6P - Predictors of Metastatic Contralateral Spread of Breast Cancer

Date 04 May 2017
Event IMPAKT 2017
Session Welcome reception and Poster Walk
Topics Breast Cancer
Staging Procedures (clinical staging)
Basic Principles in the Management and Treatment (of cancer)
Presenter Mohamed Hendawi
Authors M. Hendawi
  • Department Of Urology, The Ohio state University, 43212 - columbus/US



Introduction and Objectives:
Contralateral breast cancer is either a metastatic lesion or the second primary cancer.The understanding of metastatic patterns for contralateral breast cancer (CBC) may help determine the biological nature of CBC.Our study aim is to identify possible predictors for metastatic (CBC).

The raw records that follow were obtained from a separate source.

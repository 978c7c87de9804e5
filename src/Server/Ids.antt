-- ===== src/Server/Ids.antt =====
-- Client ids: a byte that counts connections, the key of m_sessions (server/src/Server.cpp).
use net_pixeld.Prelude.{
  ℕ, ◌+◌, ◌%◌, ◌≡◌, refl, ◌∙◌, true, false, none, some, [], ◌∷◌, ◌++◌, Text, text_eq, nat_eq,
  get_elem?, length, get_elem?-append_length, set-append_length, eqb_iff,
}
use net_pixeld.Prelude.Outcome.{ok}
use net_pixeld.Prelude.Umap.{find, assign, find-erase}
use net_pixeld.Json.{Json}
use net_pixeld.Protocol.{serialize}
use net_pixeld.Session.{Session, new_session, send, post, start}
use net_pixeld.Server.State.{Server, do_accept}
use net_pixeld.Server.Sessions.{read_session, call_session, send_to, on_client_disconnect}
use net_pixeld.Server.Events.{on_accept, add_session, handshake, on_read}

module _ (json : Json) (server : Server) where
  -- Where the handshake can be serialized, an accepted connection gets the next id whatever
  -- m_sessions held for it, its session has the handshake posted and its read started, the counter
  -- goes on modulo 256, and the next connection is awaited.
  pub on_accept_lem :
      (text : Text)
      → serialize json (handshake json server.next_client_id) ≡ ok text
      → on_accept json false server ≡ (
        ok tt,
        record server {
          accepting = true;
          next_client_id = (server.next_client_id + 1) % 256;
          objects = server.objects ++ start (post text (new_session server.next_client_id)) ∷ [];
          sessions = assign server.next_client_id (some (length server.objects)) server.sessions;
        },
      )
  unfolding on_accept add_session send_to call_session read_session send do_accept
  on_accept_lem text g =
      let fresh = new_session server.next_client_id in
      let greeted = post text fresh in
      rw (
        get_elem?-append_length server.objects fresh,
        g,
        set-append_length server.objects fresh greeted,
        get_elem?-append_length server.objects greeted,
        set-append_length server.objects greeted (start greeted),
      )

  -- A session whose read fails removes whatever m_sessions holds for its id.
  pub on_read_failed :
      (ref : ℕ) (s : Session)
      → get_elem? server.objects ref ≡ some s
      → ((on_read json (some ref) true server).0 ≡ ok tt)
        × (find s.client_id (on_read json (some ref) true server).1.sessions ≡ none)
  unfolding on_read call_session read_session on_client_disconnect
  on_read_failed ref s e = rw e (
    refl,
    find-erase s.client_id s.client_id server.sessions
        ∙ rw ((eqb_iff s.client_id s.client_id).1 refl),
  )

The records of all patients with metastatic breast cancer were extracted from SEER database (The Surveillance, Epidemiology, and End Results (SEER) program of the National Cancer Institute). Data were extracted to SPSS 22 statistics. Univariate and multivariate analysis were used to identify clinical predictors of metastatic contralateral breast cancer spread.
We have identified 22095 patients with metastatic breast cancer (2004-2013). We excluded patients who were men. Only patients who had one primary cancer were included in the analysis. The Majority of patients were of white race (77%). Primary tumor location was more frequently in the left ( 49%) breast than the right breast (46%), and bilateral in 4.8% of cases .
Our multivariate analysis showed that High grade tumors (p<0.001, 95% CI: 1.8-6.6), Lobular and adenocarcinoma histology (p<0.001, 95%CI: 1.8- 10) were independent risk factors for contralateral spread of breast cancer. Patients who received radiation therapy had lower rates of contralateral spread of cancer (OR: 0.23, p=0.01, 95%:0.073-0.76). Estrogen and progesterone status was not a factor in regard of contralateral spread.

Conclusion :
High grade lobular and adenocarcinoma have high rates of contralateral breast spread. Patients who received radiation therapy had significantly lower rates of contralateral spread. Prophylactic radiation therapy should be encouraged for al high risk groups. Further investigation needed to identify the biology of those patterns.